===== Material shown =====

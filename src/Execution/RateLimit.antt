-- ===== src/Execution/RateLimit.antt =====
-- server/internal/execution/ratelimit.go. A time.Duration is an int64: here a number below 2^64 that
-- stands for itself less 2^64 from 2^63 on. json.Unmarshal and http.ParseTime are arguments.
pub mod Overflow
use Prim.Native.String.{◌∷◌ as cons_text, [] as no_text}
use Prim.Native.Char.{code}
use Prim.Native.Nat.{min}
use beecon.Base.{
  ℕ, suc, ◌+◌, ◌-◌, ◌*◌, ◌%◌, ◌^◌, String, Bool, true, false, not, ◌&&◌, ◌||◌, Option, none, some,
  List, [], ◌∷◌, ltb, leb, ◌==◌, str_eq, if◌then◌else◌,
}

-- What ToolCallResponse carries of a response.
pub record ToolCallResponse : Type 0 where
  pub status_code : ℕ
  pub body : String
  pub retry_after : String

-- The fields error.code, error.innerError.code and category.
pub record RateLimitBody : Type 0 where
  pub code : String
  pub inner_code : String
  pub category : String

unfoldable pub is_throttle_code : String → Bool
is_throttle_code code = str_eq code "TooManyRequests" || str_eq code "activityLimitReached"

abbrev hubspot_rate_limit_category : String
hubspot_rate_limit_category = "RATE_LIMITS"

unfoldable pub body_carries_rate_limit_signal : (String → Option RateLimitBody) → String → Bool
unfolding is_throttle_code
body_carries_rate_limit_signal unmarshal body = elim (unmarshal body) [
  | none ↦ false
  | some parsed ↦
      if is_throttle_code parsed.code || is_throttle_code parsed.inner_code
      then true
      else str_eq parsed.category hubspot_rate_limit_category
]

unfoldable pub is_rate_limited : (String → Option RateLimitBody) → ToolCallResponse → Bool
is_rate_limited unmarshal response =
    if response.status_code == 429
    then true
    else body_carries_rate_limit_signal unmarshal response.body

abbrev pub int64 : ℕ
int64 = 2 ^ 64

abbrev pub int64_half : ℕ
int64_half = 2 ^ 63

-- unicode.IsSpace.
unfoldable pub is_space : ℕ → Bool
is_space c =
    (leb 9 c && leb c 13)
    || (c == 32)
    || (c == 133)
    || (c == 160)
    || (c == 5760)
    || (leb 8192 c && leb c 8202)
    || (c == 8232)
    || (c == 8233)
    || (c == 8239)
    || (c == 8287)
    || (c == 12_288)

unfoldable pub trim_left : String → String
unfolding is_space
trim_left no_text = ""
trim_left (cons_text c s) =
    let rest = trim_left s in if is_space (code c) then rest else cons_text c s

-- The space at the end goes where nothing but space follows.
unfoldable pub trim_right : String → String
unfolding is_space
trim_right no_text = ""
trim_right (cons_text c s) =
    let rest = trim_right s in if is_space (code c) && str_eq rest "" then "" else cons_text c rest

-- strings.TrimSpace
unfoldable pub trim_space : String → String
unfolding trim_left trim_right
trim_space s = trim_right (trim_left s)

-- A row of decimal digits, read on from `value`.
unfoldable pub digits : ℕ → String → Option ℕ
digits value no_text = some value
digits value (cons_text c s) =
    let rest = digits (10 * value + (code c - 48)) s in
    if leb 48 (code c) && leb (code c) 57 then rest else none

abbrev unsigned : String → Option ℕ
unsigned s = if str_eq s "" then none else digits 0 s

abbrev in_range : Bool → ℕ → Option ℕ → Option (Bool × ℕ)
in_range negative limit none = none
in_range negative limit (some n) = if leb n limit then some (negative, n) else none

-- strconv.Atoi: the sign and the magnitude of an int64.
unfoldable pub atoi : String → Option (Bool × ℕ)
unfolding digits
atoi no_text = none
atoi (cons_text c s) =
    if code c == 45
    then in_range true int64_half (unsigned s)
    else if code c == 43
    then in_range false (int64_half - 1) (unsigned s)
    else in_range false (int64_half - 1) (unsigned (cons_text c s))

abbrev second : ℕ
second = 1_000_000_000

abbrev pub date_delay : Option ℕ → ℕ → Option ℕ
date_delay none now = none
date_delay (some when) now = some (min (when - now) (int64_half - 1))

-- The `seconds` branch multiplies in int64; an HTTP date in the past gives no delay, and time.Time.Sub
-- stops at the greatest int64.
unfoldable pub parse_retry_after : (String → Option ℕ) → String → ℕ → Option ℕ
unfolding atoi trim_space
parse_retry_after parse_time header now =
    let trimmed : String = trim_space header in
    if str_eq trimmed "" then none else elim (atoi trimmed) [
      | some (negative, seconds) ↦
          if negative && not (seconds == 0) then none else some (seconds * second % int64)
      | none ↦ date_delay (parse_time trimmed) now
    ]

=====

Restate word for word the lines in the material above from the one with "else str_eq parsed.category" to the one with "int64 = 2 ^ 64"; both of those lines count, and nothing else does.

      else str_eq parsed.category hubspot_rate_limit_category
]

unfoldable pub is_rate_limited : (String → Option RateLimitBody) → ToolCallResponse → Bool
is_rate_limited unmarshal response =
    if response.status_code == 429
    then true
    else body_carries_rate_limit_signal unmarshal response.body

abbrev pub int64 : ℕ
int64 = 2 ^ 64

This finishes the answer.